Supplied data:
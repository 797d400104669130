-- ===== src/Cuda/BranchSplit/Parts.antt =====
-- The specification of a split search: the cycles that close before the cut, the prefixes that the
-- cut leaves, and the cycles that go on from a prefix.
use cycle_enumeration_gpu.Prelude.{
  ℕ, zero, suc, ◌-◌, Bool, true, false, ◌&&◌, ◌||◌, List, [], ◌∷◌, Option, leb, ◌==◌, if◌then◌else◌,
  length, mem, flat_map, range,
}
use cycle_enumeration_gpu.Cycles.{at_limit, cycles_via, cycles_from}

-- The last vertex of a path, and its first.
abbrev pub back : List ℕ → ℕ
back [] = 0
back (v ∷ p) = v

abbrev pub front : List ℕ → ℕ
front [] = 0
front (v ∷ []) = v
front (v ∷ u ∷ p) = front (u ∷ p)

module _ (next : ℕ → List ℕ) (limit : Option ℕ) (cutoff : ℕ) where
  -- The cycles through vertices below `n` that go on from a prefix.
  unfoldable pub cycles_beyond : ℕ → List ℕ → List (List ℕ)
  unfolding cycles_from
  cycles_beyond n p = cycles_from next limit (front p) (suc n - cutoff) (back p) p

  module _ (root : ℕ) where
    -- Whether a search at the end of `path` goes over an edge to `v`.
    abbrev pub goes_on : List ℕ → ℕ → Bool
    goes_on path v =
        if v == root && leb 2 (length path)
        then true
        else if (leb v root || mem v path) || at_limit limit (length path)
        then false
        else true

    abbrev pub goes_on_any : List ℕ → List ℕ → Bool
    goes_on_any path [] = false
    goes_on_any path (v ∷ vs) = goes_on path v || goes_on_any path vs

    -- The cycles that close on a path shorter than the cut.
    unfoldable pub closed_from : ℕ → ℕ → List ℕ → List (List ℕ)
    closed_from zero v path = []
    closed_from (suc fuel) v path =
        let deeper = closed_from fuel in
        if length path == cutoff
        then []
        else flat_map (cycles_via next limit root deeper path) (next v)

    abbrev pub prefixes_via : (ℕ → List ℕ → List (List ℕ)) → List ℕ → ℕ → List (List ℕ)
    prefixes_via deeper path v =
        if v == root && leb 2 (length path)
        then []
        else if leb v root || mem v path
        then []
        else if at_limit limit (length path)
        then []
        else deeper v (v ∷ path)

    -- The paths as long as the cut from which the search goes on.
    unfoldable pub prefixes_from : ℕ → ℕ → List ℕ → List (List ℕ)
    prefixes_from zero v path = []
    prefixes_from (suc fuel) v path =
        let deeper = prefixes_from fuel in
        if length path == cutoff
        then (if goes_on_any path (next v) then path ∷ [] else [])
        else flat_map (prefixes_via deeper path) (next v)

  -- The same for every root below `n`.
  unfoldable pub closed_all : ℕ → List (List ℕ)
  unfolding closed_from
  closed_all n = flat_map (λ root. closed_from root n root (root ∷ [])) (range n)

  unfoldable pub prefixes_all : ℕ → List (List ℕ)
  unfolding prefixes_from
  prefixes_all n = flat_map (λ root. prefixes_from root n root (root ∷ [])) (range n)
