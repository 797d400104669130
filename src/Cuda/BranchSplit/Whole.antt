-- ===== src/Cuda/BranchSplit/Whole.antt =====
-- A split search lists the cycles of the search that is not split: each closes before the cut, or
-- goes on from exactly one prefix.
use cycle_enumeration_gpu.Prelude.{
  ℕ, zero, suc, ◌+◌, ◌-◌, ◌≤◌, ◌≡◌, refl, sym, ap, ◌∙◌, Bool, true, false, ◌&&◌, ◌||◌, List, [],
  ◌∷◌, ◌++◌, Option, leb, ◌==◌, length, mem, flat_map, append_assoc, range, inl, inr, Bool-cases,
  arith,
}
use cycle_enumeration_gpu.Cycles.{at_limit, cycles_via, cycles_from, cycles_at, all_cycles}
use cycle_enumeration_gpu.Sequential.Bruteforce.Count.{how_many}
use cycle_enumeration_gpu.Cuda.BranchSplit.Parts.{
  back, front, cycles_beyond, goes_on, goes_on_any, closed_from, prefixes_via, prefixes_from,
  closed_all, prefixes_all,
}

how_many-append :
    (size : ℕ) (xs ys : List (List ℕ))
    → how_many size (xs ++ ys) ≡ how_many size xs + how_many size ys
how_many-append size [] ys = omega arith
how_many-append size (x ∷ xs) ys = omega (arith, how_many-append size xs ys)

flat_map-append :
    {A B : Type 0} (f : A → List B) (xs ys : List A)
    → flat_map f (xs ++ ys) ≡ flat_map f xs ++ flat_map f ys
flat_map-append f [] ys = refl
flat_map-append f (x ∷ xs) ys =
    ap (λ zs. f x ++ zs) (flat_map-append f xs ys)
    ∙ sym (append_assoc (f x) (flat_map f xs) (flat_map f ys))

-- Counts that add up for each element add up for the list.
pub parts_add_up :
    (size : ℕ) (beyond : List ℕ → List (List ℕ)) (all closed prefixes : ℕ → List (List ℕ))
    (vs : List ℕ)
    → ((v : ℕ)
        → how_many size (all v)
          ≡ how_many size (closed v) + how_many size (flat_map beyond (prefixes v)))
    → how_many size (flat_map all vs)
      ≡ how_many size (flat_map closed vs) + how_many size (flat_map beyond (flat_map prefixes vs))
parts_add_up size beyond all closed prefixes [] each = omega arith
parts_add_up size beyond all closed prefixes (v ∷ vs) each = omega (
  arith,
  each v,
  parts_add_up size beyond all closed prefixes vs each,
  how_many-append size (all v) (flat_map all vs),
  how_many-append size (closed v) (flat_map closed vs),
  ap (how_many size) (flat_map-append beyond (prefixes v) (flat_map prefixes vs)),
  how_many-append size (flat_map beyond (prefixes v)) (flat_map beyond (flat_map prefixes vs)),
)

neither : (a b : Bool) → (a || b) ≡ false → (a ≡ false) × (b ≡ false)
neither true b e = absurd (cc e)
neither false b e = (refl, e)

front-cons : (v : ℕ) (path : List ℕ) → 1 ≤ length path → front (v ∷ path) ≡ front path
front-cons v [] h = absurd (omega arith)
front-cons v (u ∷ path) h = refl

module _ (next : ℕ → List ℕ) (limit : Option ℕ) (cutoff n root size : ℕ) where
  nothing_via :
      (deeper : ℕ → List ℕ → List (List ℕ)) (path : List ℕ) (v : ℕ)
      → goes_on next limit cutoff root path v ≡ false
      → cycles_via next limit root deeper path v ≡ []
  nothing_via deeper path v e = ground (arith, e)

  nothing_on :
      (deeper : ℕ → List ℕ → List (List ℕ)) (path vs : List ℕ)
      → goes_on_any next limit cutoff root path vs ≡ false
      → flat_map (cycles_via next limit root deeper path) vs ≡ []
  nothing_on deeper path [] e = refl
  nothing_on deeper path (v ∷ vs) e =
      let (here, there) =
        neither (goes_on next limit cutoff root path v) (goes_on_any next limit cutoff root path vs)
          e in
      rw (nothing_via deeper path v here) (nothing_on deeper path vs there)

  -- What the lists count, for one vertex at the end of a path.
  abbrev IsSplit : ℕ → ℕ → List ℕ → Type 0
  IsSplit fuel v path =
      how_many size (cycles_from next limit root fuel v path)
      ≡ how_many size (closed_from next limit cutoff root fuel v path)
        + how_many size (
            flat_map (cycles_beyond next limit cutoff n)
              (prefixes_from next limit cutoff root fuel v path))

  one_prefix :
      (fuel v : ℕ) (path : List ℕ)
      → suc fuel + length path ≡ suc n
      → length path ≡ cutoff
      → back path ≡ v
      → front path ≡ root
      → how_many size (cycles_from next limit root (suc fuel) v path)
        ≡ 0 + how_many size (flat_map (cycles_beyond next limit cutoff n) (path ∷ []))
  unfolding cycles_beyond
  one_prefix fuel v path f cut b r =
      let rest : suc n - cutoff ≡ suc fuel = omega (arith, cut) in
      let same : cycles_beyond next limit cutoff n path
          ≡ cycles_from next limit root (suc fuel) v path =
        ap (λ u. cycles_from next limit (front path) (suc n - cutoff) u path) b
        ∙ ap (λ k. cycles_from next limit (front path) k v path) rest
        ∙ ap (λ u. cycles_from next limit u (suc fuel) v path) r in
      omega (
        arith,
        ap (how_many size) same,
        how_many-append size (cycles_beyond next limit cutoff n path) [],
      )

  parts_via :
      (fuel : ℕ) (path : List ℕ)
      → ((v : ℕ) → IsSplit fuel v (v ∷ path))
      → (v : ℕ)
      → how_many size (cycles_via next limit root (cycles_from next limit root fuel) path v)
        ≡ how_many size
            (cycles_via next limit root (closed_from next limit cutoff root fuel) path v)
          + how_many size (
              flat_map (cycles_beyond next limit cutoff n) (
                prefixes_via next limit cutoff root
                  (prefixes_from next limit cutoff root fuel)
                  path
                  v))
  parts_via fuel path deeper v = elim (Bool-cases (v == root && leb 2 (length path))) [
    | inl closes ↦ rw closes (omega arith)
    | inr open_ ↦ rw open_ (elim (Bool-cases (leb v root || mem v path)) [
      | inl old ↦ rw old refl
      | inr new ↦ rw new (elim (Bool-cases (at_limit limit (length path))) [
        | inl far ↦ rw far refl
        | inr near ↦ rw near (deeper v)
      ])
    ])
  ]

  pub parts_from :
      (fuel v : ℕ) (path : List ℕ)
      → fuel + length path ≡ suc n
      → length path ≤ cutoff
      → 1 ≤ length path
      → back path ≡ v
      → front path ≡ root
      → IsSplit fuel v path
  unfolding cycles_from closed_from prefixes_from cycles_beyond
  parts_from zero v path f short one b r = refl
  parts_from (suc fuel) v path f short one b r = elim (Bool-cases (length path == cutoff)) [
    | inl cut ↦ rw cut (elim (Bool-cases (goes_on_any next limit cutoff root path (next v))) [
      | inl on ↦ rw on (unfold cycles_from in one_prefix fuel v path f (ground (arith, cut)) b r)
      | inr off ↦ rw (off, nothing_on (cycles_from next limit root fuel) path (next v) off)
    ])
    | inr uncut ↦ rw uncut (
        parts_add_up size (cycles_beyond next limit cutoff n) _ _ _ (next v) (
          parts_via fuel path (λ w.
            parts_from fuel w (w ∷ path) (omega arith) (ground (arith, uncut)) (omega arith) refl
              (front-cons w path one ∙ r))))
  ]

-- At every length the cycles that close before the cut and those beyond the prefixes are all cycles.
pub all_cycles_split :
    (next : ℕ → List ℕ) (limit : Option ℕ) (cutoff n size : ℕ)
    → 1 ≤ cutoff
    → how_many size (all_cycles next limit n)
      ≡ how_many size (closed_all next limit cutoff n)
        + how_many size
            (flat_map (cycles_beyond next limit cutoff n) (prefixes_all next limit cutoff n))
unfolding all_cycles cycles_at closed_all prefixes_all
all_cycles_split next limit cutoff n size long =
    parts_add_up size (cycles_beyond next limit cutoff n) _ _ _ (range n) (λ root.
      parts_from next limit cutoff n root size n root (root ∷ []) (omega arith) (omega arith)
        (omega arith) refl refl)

What is being asked:
Give only the lines from the one holding "(size : ℕ) (beyond" through the one holding "ap (how_many size) (flat_map-append", each restated exactly as it appears above.

Problem solution:
    (size : ℕ) (beyond : List ℕ → List (List ℕ)) (all closed prefixes : ℕ → List (List ℕ))
    (vs : List ℕ)
    → ((v : ℕ)
        → how_many size (all v)
          ≡ how_many size (closed v) + how_many size (flat_map beyond (prefixes v)))
    → how_many size (flat_map all vs)
      ≡ how_many size (flat_map closed vs) + how_many size (flat_map beyond (flat_map prefixes vs))
parts_add_up size beyond all closed prefixes [] each = omega arith
parts_add_up size beyond all closed prefixes (v ∷ vs) each = omega (
  arith,
  each v,
  parts_add_up size beyond all closed prefixes vs each,
  how_many-append size (all v) (flat_map all vs),
  how_many-append size (closed v) (flat_map closed vs),
  ap (how_many size) (flat_map-append beyond (prefixes v) (flat_map prefixes vs)),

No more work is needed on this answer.